# Has anybody tried a paper plate for a weed guard?



## Chessieman (Dec 8, 2009)

It occured to my while wasting my time up in the blind (localized EHD) that these would fuction in a couple different ways. If you drilled a 1/2 hole in the center and a series of small holes around the center, you would have a lot less hassle then weed guard fiber. You would cut a slice to the center hole for placing around the tree or cutting. By placing the cone on the paper plate up the water will flow to the center at least for the first year until the plate starts to rot. It should last for a couple of years as a weed guard. I would also use a couple on nails to hold it in place for the wind. I always nail the pines anyway for the trace minerals (old xmas tree farmer trick). Anybody try this?


----------



## METTLEFISH (Jan 31, 2009)

Spray with furniture wax and they'll last longer....they work great!


----------



## PerchOnly (Oct 24, 2007)

I have been using newspapers around my garden plants successfully for the last few years in keeping the weeks down. Your idea just added to my arsenol against weeds. 

Thanks.


----------



## WoW. (Aug 11, 2011)

I don't use paper plates but I have some old buffer pad backers or some such thing that I have been using for years for assorted purposes (trees and maters).

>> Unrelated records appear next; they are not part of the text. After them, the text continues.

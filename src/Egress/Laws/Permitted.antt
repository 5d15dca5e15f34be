-- ===== src/Egress/Laws/Permitted.antt =====
-- The addresses that `Resolve` pins and `DialContext` connects to, of
-- control-plane/scheduler/internal/connectiontest/egress.go.
use astra_sync.Prelude.{
  ℕ, zero, suc, ℤ, pos, ◌≡◌, ◌∙◌, sym, ap, subst, Text, true, false, not, ◌||◌, List, [], ◌∷◌,
  length, ◌==◌, arith, ok, err, >>=-passes, check-passes, Bool-cases, Result, All, inl, inr, some,
  Option-cases, text_eq, text_eq_iff, codes,
}
use astra_sync.Connection.Policy.{Outside, Policy, validate_policy}
use astra_sync.Connection.Operation.{is_err}
use astra_sync.Topology.Loader.{decimal}
use astra_sync.Egress.Address.{Addr, IpPrefix}
use astra_sync.Egress.Denied.{
  prefixes_contain, hard_denied, requires_explicit_allow, canonical_addresses,
}
use astra_sync.Egress.Host.{trim_space, trim_dot, valid_host}
use astra_sync.Egress.Guard.{
  Network, EgressGuard, PinnedEndpoint, Dialed, connected, unreachable, cancelled, Error,
  policy_denied, dns_failed, after_dial, permitted, all_permitted, out_of_bound, parse_prefixes,
  find_addresses, resolve, skips, dial_each, dial_context, dial_on,
}

-- No rule forbids the address, and a prefix of the policy holds it where a rule asks for one.
pub record Allowed (protected allowed : List IpPrefix) (a : Addr) : Type 0 where
  pub not_denied : hard_denied a ≡ false
  pub allowed_if_restricted :
      requires_explicit_allow a protected ≡ true → prefixes_contain allowed a ≡ true

permitted-Allowed :
    (protected allowed : List IpPrefix) (a : Addr)
    → permitted protected allowed a ≡ true
    → Allowed protected allowed a
unfolding permitted
permitted-Allowed protected allowed a h = record {
  not_denied = ground (arith, h);
  allowed_if_restricted = λ r. ground (arith, h, r);
}

all_permitted-All :
    (protected allowed : List IpPrefix) (as' : List Addr)
    → all_permitted protected allowed as' ≡ true
    → All (Allowed protected allowed) as'
unfolding all_permitted
all_permitted-All protected allowed [] h = tt
all_permitted-All protected allowed (a ∷ as') h = (
  permitted-Allowed protected allowed a (ground (arith, h)),
  all_permitted-All protected allowed as' (ground (arith, h)),
)

after_dial-cases :
    (P : Addr → Type 0) (b : Addr) (rest : Result Error Addr) (d : Dialed) (a : Addr)
    → P b
    → (rest ≡ ok a → P a)
    → after_dial b rest d ≡ ok a
    → P a
unfolding after_dial
after_dial-cases P b rest connected a p later h = subst P (ground (arith, h)) p
after_dial-cases P b rest unreachable a p later h = later h
after_dial-cases P b rest cancelled a p later h = absurd (ground (arith, h))

abbrev addresses_of : Result Error PinnedEndpoint → List Addr → List Addr
addresses_of (ok e) other = e.addresses
addresses_of (err x) other = other

abbrev timeout_of : Result Error PinnedEndpoint → ℤ → ℤ
timeout_of (ok e) other = e.dial_timeout
timeout_of (err x) other = other

abbrev attempts_of : Result Error PinnedEndpoint → ℕ → ℕ
attempts_of (ok e) other = e.max_attempts
attempts_of (err x) other = other

abbrev endpoint_port_of : Result Error PinnedEndpoint → ℕ → ℕ
endpoint_port_of (ok e) other = e.endpoint_port
endpoint_port_of (err x) other = other

module _ (n : Network) where
  dial_each-All :
      (P : Addr → Type 0) (dial : ℕ → Addr → Dialed) (network : Text) (index attempts : ℕ)
      (as' : List Addr) (a : Addr)
      → All P as'
      → dial_each n dial network index attempts as' ≡ ok a
      → P a
  unfolding dial_each
  dial_each-All P dial network index zero as' a p h = absurd (ground (arith, h))
  dial_each-All P dial network index (suc k) [] a p h = absurd (ground (arith, h))
  dial_each-All P dial network index (suc k) (b ∷ as') a p h =
      let later = dial_each-All P dial network (suc index) k as' a p.1 in
      elim (Bool-cases (skips n network b)) [
        | inl skipped ↦ later (ground (arith, skipped, h))
        | inr taken ↦
            after_dial-cases P b (dial_each n dial network (suc index) k as') (dial index b) a p.0
              later (ground (arith, taken, h))
      ]

  -- What `Resolve` pins.
  pub record Pins (o : Outside) (g : EgressGuard) (port : ℕ) (policy : Policy) (e : PinnedEndpoint)
      : Type 0 where
    pub policy_valid : is_err (validate_policy o policy) ≡ false
    pub allowed : List IpPrefix
    pub policy_prefixes : parse_prefixes n policy_denied (λ s. s) policy.allowed_cidrs ≡ ok allowed
    pub all_allowed : All (Allowed g.protected_cidrs allowed) e.addresses
    pub port_kept : e.endpoint_port ≡ port
    pub found : List Addr
    pub canonical : canonical_addresses found ≡ e.addresses
    pub within : out_of_bound g.maximum_dns_addresses e.addresses ≡ false
    pub settings_kept :
        (e.dial_timeout ≡ g.guard_timeout) × (e.max_attempts ≡ g.maximum_dial_attempts)

  pub resolve-Pins :
      (o : Outside) (g : EgressGuard) (name : Text) (port : ℕ) (policy : Policy)
      (e : PinnedEndpoint)
      → resolve n o g name port policy ≡ ok e
      → Pins o g port policy e
  unfolding resolve
  resolve-Pins o g name port policy e h =
      let host = trim_dot (trim_space name) in
      let (valid, h₁) =
        check-passes ((port == 0) || is_err (validate_policy o policy)) policy_denied _ h in
      let (named, h₂) = check-passes (not (valid_host n.parse_addr host)) policy_denied _ h₁ in
      let (found, got, h₃) = >>=-passes (find_addresses n g host) _ h₂ in
      let pinned = canonical_addresses found in
      let (few, h₄) = check-passes (out_of_bound g.maximum_dns_addresses pinned) dns_failed _ h₃ in
      let (allowed, parsed, h₅) =
        >>=-passes (parse_prefixes n policy_denied (λ s. s) policy.allowed_cidrs) _ h₄ in
      let (passed, h₆) =
        check-passes (not (all_permitted g.protected_cidrs allowed pinned)) policy_denied _ h₅ in
      let same : pinned ≡ e.addresses = ap (λ r. addresses_of r pinned) h₆ in
      record {
        policy_valid = ground (arith, valid);
        allowed = allowed;
        policy_prefixes = parsed;
        all_allowed =
            subst (All (Allowed g.protected_cidrs allowed)) same
              (all_permitted-All g.protected_cidrs allowed pinned (ground (arith, passed)));
        port_kept = ap (λ r. endpoint_port_of r port) (sym h₆);
        found = found;
        canonical = same;
        within = subst (λ xs. out_of_bound g.maximum_dns_addresses xs ≡ false) same few;
        settings_kept = (
          ap (λ r. timeout_of r g.guard_timeout) (sym h₆),
          ap (λ r. attempts_of r g.maximum_dial_attempts) (sym h₆),
        );
      }

  -- What a connection that a test opened has been checked for.
  pub record Checked (o : Outside) (g : EgressGuard) (port : ℕ) (policy : Policy) (address : Text)
      (a : Addr) : Type 0 where
    pub policy_accepted : is_err (validate_policy o policy) ≡ false
    pub policy_allows : List IpPrefix
    pub policy_parsed :
        parse_prefixes n policy_denied (λ s. s) policy.allowed_cidrs ≡ ok policy_allows
    pub address_allowed : Allowed g.protected_cidrs policy_allows a
    pub port_asked : n.port_of address ≡ some (decimal (pos port))

  -- Whatever name a test asks for, whatever the resolver answers and whichever attempts fail: an
  -- address that DialContext connects to, on an endpoint that Resolve gave, is neither hard-denied
  -- nor, where it is private, restricted or protected, outside the prefixes of the policy; the policy
  -- is one that Validate accepts, and the port is the one that was resolved.
  pub dial_context-Checked :
      (o : Outside) (g : EgressGuard) (name : Text) (port : ℕ) (policy : Policy)
      (dial : ℕ → Addr → Dialed) (e : PinnedEndpoint) (network address : Text) (a : Addr)
      → resolve n o g name port policy ≡ ok e
      → dial_context n dial e network address ≡ ok a
      → Checked o g port policy address a
  unfolding dial_context dial_on
  dial_context-Checked o g name port policy dial e network address a resolved dialed =
      let pins = resolve-Pins o g name port policy e resolved in
      let (known, h₁) =
        check-passes
          (not (
            text_eq network (codes "tcp")
            || (text_eq network (codes "tcp4") || text_eq network (codes "tcp6"))))
          policy_denied _ dialed in
      elim (Option-cases (n.port_of address)) [
        | inl bad ↦ absurd (ground (arith, bad, h₁))
        | inr (p, split) ↦
            let (fits, h₂) =
              check-passes
                (not (text_eq p (decimal (pos e.endpoint_port))) || (length e.addresses == 0))
                policy_denied (dial_each n dial network 0 e.max_attempts e.addresses)
                (subst (λ r. dial_on n dial e network r ≡ ok a) split h₁) in
            let same : p ≡ decimal (pos e.endpoint_port) =
              (text_eq_iff p (decimal (pos e.endpoint_port))).0 (ground (arith, fits)) in
            record {
              policy_accepted = pins.policy_valid;
              policy_allows = pins.allowed;
              policy_parsed = pins.policy_prefixes;
              address_allowed =
                  dial_each-All (Allowed g.protected_cidrs pins.allowed) dial network 0
                    e.max_attempts e.addresses a pins.all_allowed h₂;
              port_asked = split ∙ ap some (same ∙ ap (λ x. decimal (pos x)) pins.port_kept);
            }
      ]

They work just fine if they don't blow away.


----------



## answerguy8 (Oct 15, 2001)

scrap carpet can be used too


----------



## buckwacker 48097 (Nov 11, 2010)

I found one of those $200 POOLS THAT WAS SCRAPPED and am going to start cutting sections off it to use around my trees. Old pool liners I believe are overlooked as a recyclable for just such a purpose. If they work I will talk to my local installer of pools and get some older replaced liners to use. No reason to think they would not work???


----------



## JimP (Feb 8, 2002)

Aluminum pie tins from store bought pies work a long time.


----------